— Охренеть… С такими врачами я ещё не встречался. Не баба, а боцман с бодуна. Явно давно мужика у неё нет. А лечь с такой — легче «шкертануться»! Смех в палате, оборвался шумом распахнутой двери, и сиплым баском вынырнувшей из-за неё раскалённой лампочки:
— Мужчинка! А я ещё не ушла….
— Теперь, полковник, главное — не терять бдительность! — резюмировал Иваныч и загадочно похлопал себя по штопаной грудине.
Ночью мне приснился покойный друг — каперанг Саня. Он улыбался и призывно махал рукой с ошвартованного у пирса эсминца. По пирсу лихо проколесил баламут Гурамчик, отчаянно подталкивая загипсованной ногой каталку с недвижно лежащим на ней, отходящим в мир иной, наркошей (я его видел в приёмном покое). Наркоша был дорого одет, с лысым черепом, жёстко обтянутым желтушной кожей ритуального барабана, найденного на раскопках стоянки племени людоедов. Потом из шершавой серой стены вышла, поскрипывая блестящей кожанкой Каваллерийского эскадрона РККА, Ольга Зотова из фильма «Гадюка». Она злобно посмотрела и выплюнула к моим ногам мятую папиросу с исслюнявленным мундштуком…
А на следующий день, часам к пятнадцати мне сообщили, что операцию перенесли.
В тревожном ожидании баба-боцман была мной забыта.
Самой большой загадкой для меня была остававшаяся не заполненной в моей истории болезни строка «Лечащий врач».

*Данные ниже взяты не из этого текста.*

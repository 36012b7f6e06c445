-- ===== src/Endpoints/Expiry.antt =====
-- What `expire_endpoints` of lemur/sources/service.py removes, also right after a synchronisation.
use lemur.Prelude.{
  ℕ, String, ◌≡◌, refl, subst, ap, ◌∙◌, ◌+◌, ◌*◌, ◌<◌, nat_beq_iff, Option, Bool, true, false, not,
  some, List, [], ◌∷◌, ◌++◌, ◌==◌, nat_eq, string_eq, if◌then◌else◌, select, length, all,
  all-select, arith, Bool-cases, inl, inr,
}
use lemur.Prelude.Table.{first}
use lemur.Prelude.Result.{Result, ok, err}
use lemur.Endpoints.Unique.{Unique, Unique-select, get-Unique, sync_endpoints-Unique}
use lemur.Endpoints.{
  Trouble, Endpoint, Described, Db, Env, Counts, at_address, get_by_dnsname_and_port,
  certificate_of, sync_endpoints, is_stale, expire_endpoints,
}
use lemur.Endpoints.Fresh.{is_fresh, fresh_here, sync_firsts, sync_firsts_fresh}

fresh_not_stale :
    (written now ttl : ℕ) (label : String) (e : Endpoint)
    → now < written + ttl * 3600
    → (e.last_updated == written) ≡ true
    → not (is_stale now ttl label e) ≡ true
unfolding is_stale
fresh_not_stale written now ttl label e soon h =
    let same = (nat_beq_iff e.last_updated written).0 h in ground (arith, soon, same)

fresh-select :
    (written now ttl : ℕ) (label : String) (test : Endpoint → Bool) (rows : List Endpoint)
    → now < written + ttl * 3600
    → is_fresh written label (first test rows) ≡ true
    → is_fresh written label (first test (select (λ e. not (is_stale now ttl label e)) rows)) ≡ true
unfolding first select is_fresh
fresh-select written now ttl label test [] soon h = h
fresh-select written now ttl label test (e ∷ rows) soon h = elim (Bool-cases (test e)) [
  | inl t ↦
      let here : is_fresh written label (some e) ≡ true =
        subst (λ b. is_fresh written label (if b then some e else first test rows) ≡ true) t h in
      let young = fresh_not_stale written now ttl label e soon (ground (arith, here)) in
      rw (young, t) here
  | inr f ↦
      let later : is_fresh written label (first test rows) ≡ true =
        subst (λ b. is_fresh written label (if b then some e else first test rows) ≡ true) f h in
      let rest = fresh-select written now ttl label test rows soon later in
      elim (Bool-cases (not (is_stale now ttl label e))) [
        | inl kept ↦ rw (kept, f) rest
        | inr gone ↦ rw gone rest
      ]
]

-- Whether a lookup raised nothing and came to an endpoint of the source that was written then.
abbrev pub is_fresh_row : ℕ → String → Result Trouble (Option Endpoint) → Bool
is_fresh_row written label (err e) = false
is_fresh_row written label (ok o) = is_fresh written label o

-- Where no two endpoints are at one address, a synchronisation raises nothing, and an endpoint for
-- which a certificate is found is there after it and after an expiry that reads the clock before the
-- time to live is over, as the one endpoint at its address, of the source and written by the
-- synchronisation.
pub synced_endpoint_survives :
    (env : Env) (label : String) (earlier later : List Described) (r : Described) (c ttl expiry : ℕ)
    (counts : Counts) (db : Db)
    → Unique db.endpoints
    → expiry < env.now + ttl * 3600
    → (certificate_of env r).0 ≡ some c
    → ((sync_endpoints env label (earlier ++ r ∷ later) (counts, db)).0 ≡ ok tt)
      × (is_fresh_row env.now label (
            get_by_dnsname_and_port r.dnsname r.port
              (expire_endpoints expiry ttl label
                (sync_endpoints env label (earlier ++ r ∷ later) (counts, db)).1.1).1)
          ≡ true)
unfolding expire_endpoints fresh_here
synced_endpoint_survives env label earlier later r c ttl expiry counts db u soon h =
    let (run, kept) = sync_endpoints-Unique env label (earlier ++ r ∷ later) counts db u in
    rw run (
      refl,
      ap (is_fresh_row env.now label) (
            get-Unique r.dnsname r.port
              (expire_endpoints expiry ttl label
                (sync_firsts env label (earlier ++ r ∷ later) (counts, db)).1).1
              (Unique-select _ _ kept))
          ∙ fresh-select env.now expiry ttl label (at_address r.dnsname r.port) _ soon
              (sync_firsts_fresh env label earlier later r c (counts, db) h),
    )

length-split :
    (p : Endpoint → Bool) (rows : List Endpoint)
    → length (select p rows) + length (select (λ e. not (p e)) rows) ≡ length rows
unfolding select
length-split p [] = refl
length-split p (e ∷ rows) = ground (arith, length-split p rows)

-- The number that `expire_endpoints` returns is the number of endpoints that it removes, and those that
-- are left are not stale.
pub expire_endpoints_counts :
    (now ttl : ℕ) (label : String) (db : Db)
    → ((expire_endpoints now ttl label db).0
          + length (expire_endpoints now ttl label db).1.endpoints
        ≡ length db.endpoints)
      × (all (λ e. not (is_stale now ttl label e)) (expire_endpoints now ttl label db).1.endpoints
          ≡ true)
unfolding expire_endpoints
expire_endpoints_counts now ttl label db =
    (length-split (is_stale now ttl label) db.endpoints, all-select _ db.endpoints)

Просчитываемых вариантов, кто же мне будет делать операцию, вырисовывалось два: либо заведующий отделением, либо весёлый балагур — хирург Заур Муратович, ибо больше никто из «травмы» ко мне не приходил. В итоге, истина оказалась где-то рядом. Оперировали они двое, вернее — почти двое: часа два, непрерывно трудился Заур Муратович, а зав. отделением, как я понял, в перерывах между своими операциями, внезапно появлялся, ненадолго вклинивался в процесс и также внезапно исчезал, как нинзя — видимо действовали волшебные пинки профессора, подталкиваемого Володей…
На операцию меня, почти утратившего веру в то, что она вообще когда-нибудь свершится, повезли часам к четырнадцати — а это почти завершение операционного дня.
Беззащитно голого, хотя — в гипсе и под одеялом, меня катили под высокими серыми сводами с мерцающими подслеповатыми лампами, по нескончаемым коридорам и переходам с клацающими о каталку железными дверьми, а я, успокаивая себя, мысленно представлял ход операции: наркоз — укол в позвоночник, два неощутимых разреза на ноге (надо скреплять две сломанных кости — так говорил мне зав. отделением), безболезненное и только слышимое прикручивание титановых пластин. А где-то, глубоко внутри — ехидно звучал басок:
— Мужчинка! А я ещё не ушла….
В операционной (по-моему одной, из имеющихся четырнадцати), шерстистый Заур Муратович, весело мне подмигнув, вызвал анестезиолога…
Хрупкая блондинка в накрахмаленном душистом халатике нежно произнесла:
— Я ваш анестезиолог. Будем делать эпидуральную анестезию. Иголочка тонкая, совсем не больно. Сядьте, пожалуйста.
Как благостно было слышать этот голос!
Ощупывание позвоночника. Комариный укус. И нижняя часть тела — в отключке. Окружающий мир сузился до различимых звуков и того, что можно было обозреть: занавешенная перед лицом шторка, многоглазо-слепящая лампа над операционным столом и, частично, обстановка по бокам от себя.
Муратович хрустко вскрыл гипс. Спросил — чувствую ли я ноги и, в подтверждение моего: «Нет», приподняв мою ногу за большой палец, уронил её на стол. Я ничего не почувствовал.
— Ну и гематомы! Сколько же со дня перелома? — склонился он надо мной.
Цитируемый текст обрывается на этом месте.